* [Input for this task]:
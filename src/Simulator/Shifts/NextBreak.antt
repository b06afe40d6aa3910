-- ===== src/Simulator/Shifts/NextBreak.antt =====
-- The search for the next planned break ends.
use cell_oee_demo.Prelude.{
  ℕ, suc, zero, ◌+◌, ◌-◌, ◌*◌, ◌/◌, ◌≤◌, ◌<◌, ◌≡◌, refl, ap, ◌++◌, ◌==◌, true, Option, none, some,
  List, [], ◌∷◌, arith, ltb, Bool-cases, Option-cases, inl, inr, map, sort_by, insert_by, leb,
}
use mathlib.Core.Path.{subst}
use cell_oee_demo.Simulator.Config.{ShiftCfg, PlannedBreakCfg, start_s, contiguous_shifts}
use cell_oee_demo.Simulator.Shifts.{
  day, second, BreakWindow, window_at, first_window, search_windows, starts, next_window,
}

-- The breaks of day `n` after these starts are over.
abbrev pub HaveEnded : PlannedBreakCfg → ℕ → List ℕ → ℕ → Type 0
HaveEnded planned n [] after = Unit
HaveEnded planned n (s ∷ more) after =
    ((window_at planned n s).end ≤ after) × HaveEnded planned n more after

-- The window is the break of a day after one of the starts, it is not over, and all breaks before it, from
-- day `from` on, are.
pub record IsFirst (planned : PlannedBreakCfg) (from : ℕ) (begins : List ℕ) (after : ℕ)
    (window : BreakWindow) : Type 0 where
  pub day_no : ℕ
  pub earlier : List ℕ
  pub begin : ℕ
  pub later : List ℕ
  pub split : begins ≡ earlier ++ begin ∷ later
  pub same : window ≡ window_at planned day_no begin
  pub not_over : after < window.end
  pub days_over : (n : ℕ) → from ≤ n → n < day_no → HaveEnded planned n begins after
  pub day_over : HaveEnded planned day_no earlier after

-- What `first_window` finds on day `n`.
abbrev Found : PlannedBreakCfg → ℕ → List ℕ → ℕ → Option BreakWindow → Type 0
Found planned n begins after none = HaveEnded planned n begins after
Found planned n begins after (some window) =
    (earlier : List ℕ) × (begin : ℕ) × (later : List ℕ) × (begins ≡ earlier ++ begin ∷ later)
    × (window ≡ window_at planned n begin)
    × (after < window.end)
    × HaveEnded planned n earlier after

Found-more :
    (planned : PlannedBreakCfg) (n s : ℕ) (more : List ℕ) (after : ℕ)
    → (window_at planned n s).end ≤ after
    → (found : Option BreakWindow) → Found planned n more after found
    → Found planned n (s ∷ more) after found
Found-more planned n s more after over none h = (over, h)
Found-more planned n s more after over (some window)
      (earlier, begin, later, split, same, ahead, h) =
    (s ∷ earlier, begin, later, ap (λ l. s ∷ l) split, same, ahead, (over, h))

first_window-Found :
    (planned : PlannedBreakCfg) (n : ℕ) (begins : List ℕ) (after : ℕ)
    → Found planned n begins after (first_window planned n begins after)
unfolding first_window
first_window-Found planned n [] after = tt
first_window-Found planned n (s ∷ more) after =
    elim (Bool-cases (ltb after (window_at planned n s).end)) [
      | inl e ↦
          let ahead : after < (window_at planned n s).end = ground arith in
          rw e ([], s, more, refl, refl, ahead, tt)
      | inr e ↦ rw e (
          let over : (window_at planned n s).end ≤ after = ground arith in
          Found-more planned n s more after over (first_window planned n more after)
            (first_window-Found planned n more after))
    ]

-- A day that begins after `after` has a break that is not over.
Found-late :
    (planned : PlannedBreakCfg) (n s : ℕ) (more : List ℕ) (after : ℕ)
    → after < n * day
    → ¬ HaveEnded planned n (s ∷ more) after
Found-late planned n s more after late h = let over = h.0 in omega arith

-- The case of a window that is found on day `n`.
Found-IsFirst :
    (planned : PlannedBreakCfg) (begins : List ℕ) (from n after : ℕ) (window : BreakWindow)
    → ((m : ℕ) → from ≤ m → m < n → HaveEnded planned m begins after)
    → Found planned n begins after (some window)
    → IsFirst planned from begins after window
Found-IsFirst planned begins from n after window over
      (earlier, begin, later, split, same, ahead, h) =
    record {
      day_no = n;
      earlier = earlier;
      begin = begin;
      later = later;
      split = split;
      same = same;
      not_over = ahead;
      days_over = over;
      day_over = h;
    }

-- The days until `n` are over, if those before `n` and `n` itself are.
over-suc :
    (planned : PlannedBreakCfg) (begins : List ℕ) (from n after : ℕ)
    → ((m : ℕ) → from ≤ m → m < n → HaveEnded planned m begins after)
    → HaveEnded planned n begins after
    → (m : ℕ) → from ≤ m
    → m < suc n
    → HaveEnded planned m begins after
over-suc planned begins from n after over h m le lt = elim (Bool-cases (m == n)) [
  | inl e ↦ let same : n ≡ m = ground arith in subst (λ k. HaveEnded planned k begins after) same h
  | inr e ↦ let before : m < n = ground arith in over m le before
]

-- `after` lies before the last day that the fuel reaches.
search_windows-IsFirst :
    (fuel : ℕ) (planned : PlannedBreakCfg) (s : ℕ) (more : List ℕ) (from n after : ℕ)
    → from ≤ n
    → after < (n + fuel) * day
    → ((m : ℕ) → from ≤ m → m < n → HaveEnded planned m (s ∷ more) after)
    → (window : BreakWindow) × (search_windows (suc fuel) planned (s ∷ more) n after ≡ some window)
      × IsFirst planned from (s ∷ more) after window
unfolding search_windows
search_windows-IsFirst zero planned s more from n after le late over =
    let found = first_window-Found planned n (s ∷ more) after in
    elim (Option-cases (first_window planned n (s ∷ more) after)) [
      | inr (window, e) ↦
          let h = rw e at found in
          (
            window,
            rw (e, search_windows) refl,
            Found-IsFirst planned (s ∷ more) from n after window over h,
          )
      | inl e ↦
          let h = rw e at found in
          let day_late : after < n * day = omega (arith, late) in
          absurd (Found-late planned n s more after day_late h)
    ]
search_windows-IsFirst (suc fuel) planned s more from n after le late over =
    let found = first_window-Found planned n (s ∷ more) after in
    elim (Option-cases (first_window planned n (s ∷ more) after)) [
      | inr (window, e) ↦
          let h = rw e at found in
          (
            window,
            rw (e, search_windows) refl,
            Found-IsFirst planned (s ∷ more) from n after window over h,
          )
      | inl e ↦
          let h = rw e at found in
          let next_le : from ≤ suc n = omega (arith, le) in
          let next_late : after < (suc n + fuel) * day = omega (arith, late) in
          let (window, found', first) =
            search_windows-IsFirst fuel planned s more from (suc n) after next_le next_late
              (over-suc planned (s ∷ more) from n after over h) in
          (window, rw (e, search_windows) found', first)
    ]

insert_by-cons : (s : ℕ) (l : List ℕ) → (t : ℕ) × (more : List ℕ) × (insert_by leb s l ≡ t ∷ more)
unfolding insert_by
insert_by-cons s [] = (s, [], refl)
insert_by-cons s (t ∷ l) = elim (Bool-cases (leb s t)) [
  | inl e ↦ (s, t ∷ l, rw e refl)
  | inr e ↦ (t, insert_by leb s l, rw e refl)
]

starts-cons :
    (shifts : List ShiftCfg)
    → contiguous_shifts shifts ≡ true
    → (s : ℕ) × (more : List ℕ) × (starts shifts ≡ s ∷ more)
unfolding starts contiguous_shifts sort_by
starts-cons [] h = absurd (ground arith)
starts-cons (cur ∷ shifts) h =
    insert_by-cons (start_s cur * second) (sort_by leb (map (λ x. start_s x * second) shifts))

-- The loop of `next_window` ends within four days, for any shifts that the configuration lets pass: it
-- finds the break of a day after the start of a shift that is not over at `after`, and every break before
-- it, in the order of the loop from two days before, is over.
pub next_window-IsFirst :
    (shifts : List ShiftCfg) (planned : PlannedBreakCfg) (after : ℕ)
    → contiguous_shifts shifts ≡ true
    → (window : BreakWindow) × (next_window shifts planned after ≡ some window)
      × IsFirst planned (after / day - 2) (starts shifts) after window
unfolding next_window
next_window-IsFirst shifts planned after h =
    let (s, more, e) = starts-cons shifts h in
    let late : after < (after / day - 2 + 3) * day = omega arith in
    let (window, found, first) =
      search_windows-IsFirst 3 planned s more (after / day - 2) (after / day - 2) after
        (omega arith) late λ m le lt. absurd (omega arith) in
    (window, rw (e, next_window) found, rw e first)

* [Instructions to follow]: A line counts if it holds the word "split". How many lines of the entries count? Give the number only.

* [Result of this exercise]: 5